Directions: Go through the material and copy each line that includes "returned".

____________

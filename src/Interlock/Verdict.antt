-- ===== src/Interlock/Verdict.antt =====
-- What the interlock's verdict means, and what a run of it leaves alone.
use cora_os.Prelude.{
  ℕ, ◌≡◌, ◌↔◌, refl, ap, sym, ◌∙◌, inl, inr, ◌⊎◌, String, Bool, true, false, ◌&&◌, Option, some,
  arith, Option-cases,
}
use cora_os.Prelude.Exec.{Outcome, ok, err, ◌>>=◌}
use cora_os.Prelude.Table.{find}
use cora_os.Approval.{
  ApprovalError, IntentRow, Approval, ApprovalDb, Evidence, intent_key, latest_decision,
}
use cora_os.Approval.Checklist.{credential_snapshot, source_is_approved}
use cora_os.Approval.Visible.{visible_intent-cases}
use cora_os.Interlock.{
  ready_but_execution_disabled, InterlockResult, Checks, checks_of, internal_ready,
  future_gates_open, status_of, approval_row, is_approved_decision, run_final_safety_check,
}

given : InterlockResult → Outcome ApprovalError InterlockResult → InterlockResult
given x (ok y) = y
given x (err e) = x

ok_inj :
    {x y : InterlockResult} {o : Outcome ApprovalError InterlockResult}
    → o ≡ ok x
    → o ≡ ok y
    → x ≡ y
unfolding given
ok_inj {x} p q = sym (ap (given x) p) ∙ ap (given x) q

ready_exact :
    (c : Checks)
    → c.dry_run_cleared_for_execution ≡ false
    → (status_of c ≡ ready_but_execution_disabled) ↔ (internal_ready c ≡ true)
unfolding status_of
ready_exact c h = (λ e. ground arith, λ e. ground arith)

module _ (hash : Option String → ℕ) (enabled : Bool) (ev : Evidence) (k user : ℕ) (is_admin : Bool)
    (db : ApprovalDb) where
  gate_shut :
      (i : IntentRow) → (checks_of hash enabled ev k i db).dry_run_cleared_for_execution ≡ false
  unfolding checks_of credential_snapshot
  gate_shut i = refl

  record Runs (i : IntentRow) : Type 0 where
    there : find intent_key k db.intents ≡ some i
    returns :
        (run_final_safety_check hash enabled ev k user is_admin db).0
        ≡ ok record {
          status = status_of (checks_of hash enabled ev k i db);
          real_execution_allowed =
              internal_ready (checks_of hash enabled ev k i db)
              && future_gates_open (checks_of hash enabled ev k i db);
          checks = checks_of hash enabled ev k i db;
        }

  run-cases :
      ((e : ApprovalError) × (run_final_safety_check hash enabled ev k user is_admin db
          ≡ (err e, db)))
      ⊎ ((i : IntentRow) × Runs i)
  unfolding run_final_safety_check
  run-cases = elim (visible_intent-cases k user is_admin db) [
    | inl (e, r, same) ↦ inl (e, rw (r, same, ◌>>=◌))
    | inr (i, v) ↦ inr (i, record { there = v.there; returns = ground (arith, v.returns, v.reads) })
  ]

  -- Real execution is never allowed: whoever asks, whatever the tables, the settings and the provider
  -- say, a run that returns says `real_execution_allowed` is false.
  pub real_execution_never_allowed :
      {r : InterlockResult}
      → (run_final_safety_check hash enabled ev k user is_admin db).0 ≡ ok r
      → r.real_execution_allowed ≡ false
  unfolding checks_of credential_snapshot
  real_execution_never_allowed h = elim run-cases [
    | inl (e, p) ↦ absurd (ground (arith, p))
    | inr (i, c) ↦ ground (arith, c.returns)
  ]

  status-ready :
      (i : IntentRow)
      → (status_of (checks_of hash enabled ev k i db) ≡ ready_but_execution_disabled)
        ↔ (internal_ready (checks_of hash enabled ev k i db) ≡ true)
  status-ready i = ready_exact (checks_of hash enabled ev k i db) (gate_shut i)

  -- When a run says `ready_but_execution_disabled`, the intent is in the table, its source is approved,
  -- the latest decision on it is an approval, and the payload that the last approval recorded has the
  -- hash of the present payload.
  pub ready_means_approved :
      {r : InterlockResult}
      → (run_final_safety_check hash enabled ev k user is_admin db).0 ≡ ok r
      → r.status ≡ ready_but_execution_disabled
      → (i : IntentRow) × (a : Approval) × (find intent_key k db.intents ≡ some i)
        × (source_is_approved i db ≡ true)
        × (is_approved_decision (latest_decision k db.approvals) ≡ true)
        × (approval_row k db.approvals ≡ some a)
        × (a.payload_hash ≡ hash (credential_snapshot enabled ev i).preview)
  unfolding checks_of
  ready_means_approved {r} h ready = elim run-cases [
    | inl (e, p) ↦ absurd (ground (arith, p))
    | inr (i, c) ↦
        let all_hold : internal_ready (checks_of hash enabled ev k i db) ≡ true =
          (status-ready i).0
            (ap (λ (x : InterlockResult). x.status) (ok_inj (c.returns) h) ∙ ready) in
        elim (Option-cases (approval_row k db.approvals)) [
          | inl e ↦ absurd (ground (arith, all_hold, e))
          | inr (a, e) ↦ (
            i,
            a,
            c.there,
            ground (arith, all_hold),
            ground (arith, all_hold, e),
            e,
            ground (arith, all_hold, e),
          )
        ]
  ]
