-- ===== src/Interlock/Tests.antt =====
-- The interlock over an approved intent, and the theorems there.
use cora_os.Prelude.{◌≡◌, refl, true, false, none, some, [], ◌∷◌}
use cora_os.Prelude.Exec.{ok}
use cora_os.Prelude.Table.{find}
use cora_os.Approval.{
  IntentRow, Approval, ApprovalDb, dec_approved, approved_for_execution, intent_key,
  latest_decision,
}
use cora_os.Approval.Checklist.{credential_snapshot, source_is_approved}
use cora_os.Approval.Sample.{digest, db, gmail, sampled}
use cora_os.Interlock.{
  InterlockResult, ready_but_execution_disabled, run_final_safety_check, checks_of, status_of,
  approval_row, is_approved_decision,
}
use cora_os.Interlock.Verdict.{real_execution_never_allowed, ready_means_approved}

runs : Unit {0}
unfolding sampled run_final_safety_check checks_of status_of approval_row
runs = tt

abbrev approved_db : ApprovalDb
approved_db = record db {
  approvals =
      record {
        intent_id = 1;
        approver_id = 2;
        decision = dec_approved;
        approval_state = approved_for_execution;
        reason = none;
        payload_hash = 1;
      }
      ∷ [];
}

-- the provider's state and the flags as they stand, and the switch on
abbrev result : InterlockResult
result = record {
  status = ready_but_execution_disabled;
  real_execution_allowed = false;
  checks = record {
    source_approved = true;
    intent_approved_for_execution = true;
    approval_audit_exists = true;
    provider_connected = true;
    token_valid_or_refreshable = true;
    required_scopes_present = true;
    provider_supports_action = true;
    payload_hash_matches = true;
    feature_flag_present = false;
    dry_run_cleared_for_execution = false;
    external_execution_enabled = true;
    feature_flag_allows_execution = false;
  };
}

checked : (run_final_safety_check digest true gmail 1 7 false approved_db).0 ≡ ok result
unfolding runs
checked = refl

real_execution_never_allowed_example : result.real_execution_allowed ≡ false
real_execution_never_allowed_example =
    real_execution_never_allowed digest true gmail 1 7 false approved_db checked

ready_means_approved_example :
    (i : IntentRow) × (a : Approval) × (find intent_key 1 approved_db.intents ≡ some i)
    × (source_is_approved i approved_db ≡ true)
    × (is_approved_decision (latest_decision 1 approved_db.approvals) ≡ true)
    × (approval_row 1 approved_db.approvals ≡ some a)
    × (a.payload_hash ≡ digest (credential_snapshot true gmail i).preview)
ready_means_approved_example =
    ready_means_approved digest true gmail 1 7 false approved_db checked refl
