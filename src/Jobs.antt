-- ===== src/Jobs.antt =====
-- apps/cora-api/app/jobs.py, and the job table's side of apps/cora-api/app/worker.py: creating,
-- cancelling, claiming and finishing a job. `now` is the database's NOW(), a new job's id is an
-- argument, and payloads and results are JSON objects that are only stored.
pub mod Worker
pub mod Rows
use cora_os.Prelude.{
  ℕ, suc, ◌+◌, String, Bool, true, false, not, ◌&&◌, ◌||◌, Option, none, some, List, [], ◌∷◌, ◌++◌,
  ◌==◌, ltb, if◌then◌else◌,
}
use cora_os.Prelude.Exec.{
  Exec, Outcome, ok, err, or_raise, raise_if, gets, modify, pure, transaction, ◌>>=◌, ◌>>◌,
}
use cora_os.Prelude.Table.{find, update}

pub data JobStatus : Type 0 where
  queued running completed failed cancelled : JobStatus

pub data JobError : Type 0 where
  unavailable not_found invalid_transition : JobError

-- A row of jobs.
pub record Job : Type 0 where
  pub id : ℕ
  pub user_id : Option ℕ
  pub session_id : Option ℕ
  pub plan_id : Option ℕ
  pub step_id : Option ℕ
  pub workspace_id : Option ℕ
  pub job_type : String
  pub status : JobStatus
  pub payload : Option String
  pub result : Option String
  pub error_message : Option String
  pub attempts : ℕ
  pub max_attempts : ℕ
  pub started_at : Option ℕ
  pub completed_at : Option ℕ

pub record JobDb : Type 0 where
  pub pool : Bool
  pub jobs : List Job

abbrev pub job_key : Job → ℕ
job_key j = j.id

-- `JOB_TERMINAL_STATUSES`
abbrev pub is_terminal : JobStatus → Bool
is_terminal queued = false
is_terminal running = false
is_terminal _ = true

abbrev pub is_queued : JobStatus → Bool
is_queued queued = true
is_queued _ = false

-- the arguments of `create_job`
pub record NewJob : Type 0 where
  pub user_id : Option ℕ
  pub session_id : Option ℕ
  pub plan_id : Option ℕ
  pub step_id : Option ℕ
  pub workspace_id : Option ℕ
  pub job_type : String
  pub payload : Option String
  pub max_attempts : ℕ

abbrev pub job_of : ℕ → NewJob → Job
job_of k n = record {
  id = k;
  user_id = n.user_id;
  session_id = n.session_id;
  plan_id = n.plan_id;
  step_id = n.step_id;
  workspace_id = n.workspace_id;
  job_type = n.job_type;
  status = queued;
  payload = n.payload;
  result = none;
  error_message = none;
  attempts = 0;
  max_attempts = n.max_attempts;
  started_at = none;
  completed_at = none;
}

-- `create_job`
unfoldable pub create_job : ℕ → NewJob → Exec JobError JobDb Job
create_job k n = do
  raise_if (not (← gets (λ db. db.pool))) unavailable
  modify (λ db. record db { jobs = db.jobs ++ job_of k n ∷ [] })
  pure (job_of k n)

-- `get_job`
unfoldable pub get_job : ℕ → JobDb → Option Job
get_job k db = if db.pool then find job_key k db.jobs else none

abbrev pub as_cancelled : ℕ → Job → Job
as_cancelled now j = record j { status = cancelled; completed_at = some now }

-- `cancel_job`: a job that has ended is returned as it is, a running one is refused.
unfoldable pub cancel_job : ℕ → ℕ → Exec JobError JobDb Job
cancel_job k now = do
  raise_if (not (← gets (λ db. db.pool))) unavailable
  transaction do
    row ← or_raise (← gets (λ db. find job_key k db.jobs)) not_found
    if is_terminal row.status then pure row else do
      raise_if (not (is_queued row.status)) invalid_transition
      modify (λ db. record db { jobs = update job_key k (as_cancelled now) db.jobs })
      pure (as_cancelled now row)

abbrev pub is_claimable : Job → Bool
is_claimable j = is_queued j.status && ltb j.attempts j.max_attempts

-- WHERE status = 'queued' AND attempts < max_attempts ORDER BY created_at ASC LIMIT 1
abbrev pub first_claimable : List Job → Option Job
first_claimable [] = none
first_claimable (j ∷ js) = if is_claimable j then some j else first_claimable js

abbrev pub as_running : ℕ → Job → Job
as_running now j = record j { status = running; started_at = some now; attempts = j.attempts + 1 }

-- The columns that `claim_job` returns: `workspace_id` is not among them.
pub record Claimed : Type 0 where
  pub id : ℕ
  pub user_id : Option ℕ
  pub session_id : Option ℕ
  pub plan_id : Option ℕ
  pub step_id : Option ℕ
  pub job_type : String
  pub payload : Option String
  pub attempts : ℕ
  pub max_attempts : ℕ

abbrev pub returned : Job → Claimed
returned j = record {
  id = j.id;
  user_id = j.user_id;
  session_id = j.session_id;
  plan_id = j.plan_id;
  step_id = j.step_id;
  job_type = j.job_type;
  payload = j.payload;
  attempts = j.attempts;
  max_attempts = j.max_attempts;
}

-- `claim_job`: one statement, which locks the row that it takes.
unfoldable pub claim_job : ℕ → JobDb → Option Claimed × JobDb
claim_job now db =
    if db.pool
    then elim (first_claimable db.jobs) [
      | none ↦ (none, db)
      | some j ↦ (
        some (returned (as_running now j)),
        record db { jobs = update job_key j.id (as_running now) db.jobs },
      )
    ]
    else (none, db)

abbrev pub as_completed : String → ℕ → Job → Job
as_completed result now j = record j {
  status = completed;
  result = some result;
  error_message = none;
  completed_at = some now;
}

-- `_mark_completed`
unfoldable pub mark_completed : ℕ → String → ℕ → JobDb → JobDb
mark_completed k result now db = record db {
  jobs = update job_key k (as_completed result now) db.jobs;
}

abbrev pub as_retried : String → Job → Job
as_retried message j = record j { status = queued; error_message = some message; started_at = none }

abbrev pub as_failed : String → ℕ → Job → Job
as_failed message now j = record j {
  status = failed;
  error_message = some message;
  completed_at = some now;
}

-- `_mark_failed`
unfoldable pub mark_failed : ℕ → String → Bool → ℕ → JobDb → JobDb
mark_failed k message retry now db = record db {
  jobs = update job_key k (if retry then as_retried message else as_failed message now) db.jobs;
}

____________

Task solution:
-- `cancel_job`: a job that has ended is returned as it is, a running one is refused.
abbrev pub returned : Job → Claimed
returned j = record {
        some (returned (as_running now j)),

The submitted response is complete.